In spite of the teachings of the no-digging and no-plowing school of husbandmen, people still go on digging and plowing, as they have done ever since Neolithic times, and my guess is that they will go on digging and plowing as long as men live on this earth. For there is really no other way of effectively growing arable crops - at least, without the impracticable use of enormous quantities of compost.

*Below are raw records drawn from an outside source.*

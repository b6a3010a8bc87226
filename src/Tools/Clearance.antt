-- ===== src/Tools/Clearance.antt =====
-- What the policy engine's consent means: the tool's entry allows it at a risk that needs no approval.
use agent_builder_factory_ap.Base.{
  String, ◌≡◌, refl, subst, Bool, true, false, Option, none, some, List, Result, ok, err, pure,
  continue, ◌>>=◌, if◌then◌else◌, string_key, ◌⊎◌, inl, inr, Bool-cases,
}
use agent_builder_factory_ap.Tools.Policy.{
  ToolPolicy, RiskLevel, PolicyDecision, Reason, ToolError, Effects, write_audit_event, risk_level,
  requires_approval, policy_of, or_default, decision_at, decision_by, decision_for, check, act_on,
  enforce,
}
use agent_builder_factory_ap.Tools.Executor.{Toolbox, ToolCall, same_id, permit}

-- The agent's policy names the tool, allows it, and puts it at a risk that needs no approval.
pub record Cleared (policies : List ToolPolicy) (tool_id : String) : Type 0 where
  pub policy : ToolPolicy
  pub listed : policy_of policies tool_id ≡ some policy
  pub allowed : policy.allowed ≡ some true
  pub level : RiskLevel
  pub rated : risk_level (or_default policy.risk "LOW") ≡ some level
  pub unattended : requires_approval level ≡ false

allowed-cases : (o : Option Bool) → or_default o false ≡ true → o ≡ some true
allowed-cases none h = cc
allowed-cases (some b) h = cc

decision : Bool → Bool → Reason → PolicyDecision
decision a b r = record { allowed = a; requires_approval = b; reason = r }

act_on-cases :
    (id : String) (a b : Bool) (r : Reason) (s : Effects)
    → (act_on id (decision a b r) s).0 ≡ ok tt
    → (a ≡ true) × (b ≡ false)
unfolding ◌>>=◌ write_audit_event decision
act_on-cases id true false r s h = (refl, refl)
act_on-cases id true true r s h = cc
act_on-cases id false b r s h = cc

act_on-ok :
    (id : String) (d : PolicyDecision) (s : Effects)
    → (act_on id d s).0 ≡ ok tt
    → (d.allowed ≡ true) × (d.requires_approval ≡ false)
unfolding decision
act_on-ok id d s h = act_on-cases id d.allowed d.requires_approval d.reason s h

decision_at-unattended :
    (l : RiskLevel) → (decision_at l).requires_approval ≡ false → requires_approval l ≡ false
decision_at-unattended RiskLevel.low h = refl
decision_at-unattended RiskLevel.medium h = refl
decision_at-unattended RiskLevel.high h = cc
decision_at-unattended RiskLevel.destructive h = cc

abbrev Granted : PolicyDecision → Type 0
Granted d = (d.allowed ≡ true) × (d.requires_approval ≡ false)

decision_by-Granted :
    (id : String) (a : Bool) (l : Option RiskLevel) (d : PolicyDecision)
    → decision_by id a l ≡ ok d
    → Granted d
    → (a ≡ true) × ((r : RiskLevel) × ((l ≡ some r) × (requires_approval r ≡ false)))
decision_by-Granted id false l d h (g, k) = cc (h, g)
decision_by-Granted id true none d h (g, k) = cc h
decision_by-Granted id true (some r) d h (g, k) =
    (refl, (r, (refl, decision_at-unattended r (cc (h, k)))))

decision_for-Granted :
    (ps : List ToolPolicy) (id : String) (o : Option ToolPolicy) (d : PolicyDecision)
    → policy_of ps id ≡ o
    → decision_for id o ≡ ok d
    → Granted d
    → Cleared ps id
decision_for-Granted ps id none d e h (g, k) = cc (h, g)
decision_for-Granted ps id (some p) d e h g =
    let (a, (l, (r, u))) =
      decision_by-Granted id (or_default p.allowed false) (risk_level (or_default p.risk "LOW")) d h
        g in
    record {
      policy = p;
      listed = e;
      allowed = allowed-cases p.allowed a;
      level = l;
      rated = r;
      unattended = u;
    }

continue-act_on :
    (ps : List ToolPolicy) (id : String) (r : Result ToolError PolicyDecision) (s : Effects)
    → check ps id ≡ r
    → (continue r (act_on id) s).0 ≡ ok tt
    → Cleared ps id
unfolding check
continue-act_on ps id (err x) s e h = cc h
continue-act_on ps id (ok d) s e h =
    decision_for-Granted ps id (policy_of ps id) d refl e (act_on-ok id d s h)

enforce-ok :
    (ps : List ToolPolicy) (id : String) (s : Effects) → (enforce ps id s).0 ≡ ok tt → Cleared ps id
unfolding enforce ◌>>=◌
enforce-ok ps id s h = continue-act_on ps id (check ps id) s refl h

pub permit-ok :
    (box : Toolbox) (approved : Option String) (call : ToolCall) (s : Effects)
    → (permit box approved call s).0 ≡ ok tt
    → (same_id call.id approved ≡ true) ⊎ Cleared box.policies call.name
permit-ok box approved call s h = elim (Bool-cases (same_id call.id approved)) [
  | inl e ↦ inl e
  | inr e ↦ inr (
      enforce-ok box.policies call.name s
        (subst (λ b. ((if b then pure tt else enforce box.policies call.name) s).0 ≡ ok tt) e h))
]
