-- ===== src/Tools/Permitted.antt =====
-- Which Lambda functions the executor calls: default deny, one rule for each way to build an action.
use agent_builder_factory_ap.Base.{
  String, ◌≡◌, refl, sym, subst, Bool, true, false, Option, none, some, List, [], ◌∷◌, Memᴰ, Result,
  ok, err, Exec, pure, raise, lift, continue, ◌>>=◌, if◌then◌else◌, string_key, contains, ◌⊎◌, inl,
  inr, Bool-cases,
}
use agent_builder_factory_ap.Tools.Policy.{
  ToolPolicy, Reason, ToolError, Invocation, Effects, write_audit_event, enforce,
}
use agent_builder_factory_ap.Tools.Executor.{
  Services, Toolbox, ToolCall, Response, same_id, arguments_of, invoke, report, run, permit,
  execute_parsed, execute_call, execute,
}
use agent_builder_factory_ap.Tools.Clearance.{Cleared, permit-ok}

-- The invocation is that of one of the calls, for a tool the agent has, and the call is the approved
-- one or its tool is cleared.
pub record Justified (box : Toolbox) (approved : Option String) (calls : List ToolCall)
    (i : Invocation) : Type 0 where
  pub call : ToolCall
  pub requested : Memᴰ call calls
  pub named : call.name ≡ i.tool_id
  pub configured : contains box.tools i.tool_id ≡ true
  pub permitted : (same_id call.id approved ≡ true) ⊎ Cleared box.policies i.tool_id

-- what holds of every invocation after an action, if it did before
record Only (J : Invocation → Type 0) {A : Type 0} (m : Exec Effects ToolError A) : Type 0 where
  at :
      (s : Effects)
      → ((i : Invocation) → Memᴰ i s.invocations → J i)
      → (i : Invocation) → Memᴰ i (m s).1.invocations
      → J i

module _ (J : Invocation → Type 0) where
  module _ {A : Type 0} where
    Only-pure : (a : A) → Only J (pure a)
    unfolding pure
    Only-pure a = record { at = λ s h. h }

    Only-raise : (e : ToolError) → Only J (raise {A = A} e)
    unfolding raise
    Only-raise e = record { at = λ s h. h }

    Only-lift : (r : Result ToolError A) → Only J (lift r)
    unfolding lift
    Only-lift r = record { at = λ s h. h }

    Only-if :
        (b : Bool) (m n : Exec Effects ToolError A)
        → Only J m
        → Only J n
        → Only J (if b then m else n)
    Only-if true m n h k = h
    Only-if false m n h k = k

  Only-audit : (e r t : String) (o : Option Reason) → Only J (write_audit_event e r t o)
  unfolding write_audit_event
  Only-audit e r t o = record { at = λ s h. h }

  Only-invoke : (services : Services) (i : Invocation) → J i → Only J (invoke services i)
  unfolding invoke
  Only-invoke services i j = record {
    at = λ s h k m. elim m [ Memᴰ.head e ↦ subst J (sym e) j | Memᴰ.tail m' ↦ h k m' ];
  }

  module _ {A B : Type 0} where
    Only-continue :
        (r : Result ToolError A) (f : A → Exec Effects ToolError B) (s : Effects)
        → ((a : A) → r ≡ ok a → Only J (f a))
        → ((i : Invocation) → Memᴰ i s.invocations → J i)
        → (i : Invocation) → Memᴰ i (continue r f s).1.invocations
        → J i
    Only-continue (ok a) f s k h = (k a refl).at s h
    Only-continue (err e) f s k h = h

    Only-bind :
        (m : Exec Effects ToolError A) (f : A → Exec Effects ToolError B)
        → Only J m
        → ((a : A) → Only J (f a))
        → Only J (m >>= f)
    unfolding ◌>>=◌
    Only-bind m f h k = record {
      at = λ s p. Only-continue (m s).0 f (m s).1 (λ a e. k a) (h.at s p);
    }

    -- the rest may rest on what the first action returned
    Only-after :
        (m : Exec Effects ToolError A) (f : A → Exec Effects ToolError B)
        → Only J m
        → ((s : Effects) (a : A) → (m s).0 ≡ ok a → Only J (f a))
        → Only J (m >>= f)
    unfolding ◌>>=◌
    Only-after m f h k = record { at = λ s p. Only-continue (m s).0 f (m s).1 (k s) (h.at s p) }

ruleset only_rules = (Only-pure, Only-raise, Only-lift, Only-audit, Only-bind, Only-if)

module _ (J : Invocation → Type 0) (services : Services) where
  Only-enforce : (ps : List ToolPolicy) (id : String) → Only J (enforce ps id)
  unfolding enforce
  Only-enforce ps id = search only_rules

  Only-report : (id : String) (r : Response) → Only J (report services id r)
  Only-report id r = search only_rules

  Only-run :
      (id payload : String)
      → J (record { tool_id = id; payload = payload })
      → Only J (run services id payload)
  Only-run id payload j =
      let i : Invocation = record { tool_id = id; payload = payload } in
      Only-bind J (invoke services i) (report services id) (Only-invoke J services i j)
        (Only-report id)

  module _ (box : Toolbox) (approved : Option String) (all : List ToolCall)
      (justified : (i : Invocation) → Justified box approved all i → J i) where
    Only-parsed :
        (call : ToolCall) (o : Option String)
        → Memᴰ call all
        → contains box.tools call.name ≡ true
        → Only J (execute_parsed services box approved call o)
    Only-parsed call none m c = search only_rules
    Only-parsed call (some payload) m c =
        Only-after J (permit box approved call) (λ u. run services call.name payload)
          (Only-if J (same_id call.id approved) (pure tt) (enforce box.policies call.name)
            (Only-pure J tt) (Only-enforce box.policies call.name))
          (λ s u e. Only-run call.name payload (
            justified (record { tool_id = call.name; payload = payload })
              (record {
                call = call;
                requested = m;
                named = refl;
                configured = c;
                permitted = permit-ok box approved call s e;
              })))

    Only-call : (call : ToolCall) → Memᴰ call all → Only J (execute_call services box approved call)
    Only-call call m = elim (Bool-cases (contains box.tools call.name)) [
      | inl e ↦ rw e (Only-parsed call (arguments_of services call.arguments) m e)
      | inr e ↦ rw e (search only_rules)
    ]

    Only-execute :
        (calls : List ToolCall)
        → ((c : ToolCall) → Memᴰ c calls → Memᴰ c all)
        → Only J (execute services box approved calls)
    unfolding execute
    Only-execute [] sub = search only_rules
    Only-execute (c ∷ cs) sub =
        let first = Only-call c (sub c (Memᴰ.head refl)) in
        let rest = Only-execute cs (λ d m. sub d (Memᴰ.tail m)) in search (only_rules, first, rest)

-- Whatever the outcome of a batch of tool calls, each Lambda invocation that it adds is that of a
-- call of the batch, for a configured tool, and either the call's id equals the approved one (a call
-- without an id passes this where nothing was approved) or the agent's
-- policy lists its tool, allows it and rates it below HIGH.
pub only_permitted_tools_run :
    (services : Services) (box : Toolbox) (approved : Option String) (calls : List ToolCall)
    (s : Effects) (i : Invocation)
    → Memᴰ i (execute services box approved calls s).1.invocations
    → Memᴰ i s.invocations ⊎ Justified box approved calls i
only_permitted_tools_run services box approved calls s i =
    (Only-execute (λ j. Memᴰ j s.invocations ⊎ Justified box approved calls j) services box approved
        calls (λ j. inr) calls (λ c m. m)).at
      s (λ j. inl) i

Cobbett says, in Cottage Economy: 'As to the act of making bread, it would be shocking indeed if that had to be taught by means of books.' I would like to paraphrase that: 'as to the act of digging'. The only thing I will say about it, realizing that the flight from the cities is likely to include people who have practically never seen a spade, is that you should nearly always dig a trench when you begin preparing soil for planting: that is, remove one spit of soil (a spit is the wedge of soil cut by the spade) out in a furrow right across your piece of ground and dump it, then turn the next row of spits upside down into the furrow you have left. Thus you always have an open furrow in front of you to invert your spits into. When you come to the end of your piece you should, in theory at least, load the first lot of spits you dug out and dumped into a wheelbarrow and cart them back to fill up the empty furrow that has been left at the end.

One other way to till the soil  is to split your work down the middle and dig from alternate ends. You can then throw the first spit of each long narrow strip into the last furrow of the other. It is often admissible, however, to dig by inverting the spits in situ and not 'digging to a trench' when you are digging land over for the second time, or just loosening the soil around soft fruit bushes, or digging with a fork. But the serious self-supporter is likely to be more interested in growing food than in such counsels of perfection. But, in my experience at any rate, the more you dig the better, and it is better to dig badly than not dig at all.

If we wish to grow food on a larger scale, then there are three things we can do effectively. One is to buy an agricultural tractor for plowing fields. The other is go in for one of those little garden cultivators: either a rotovator or a mini-plow. The third is to plow by horse.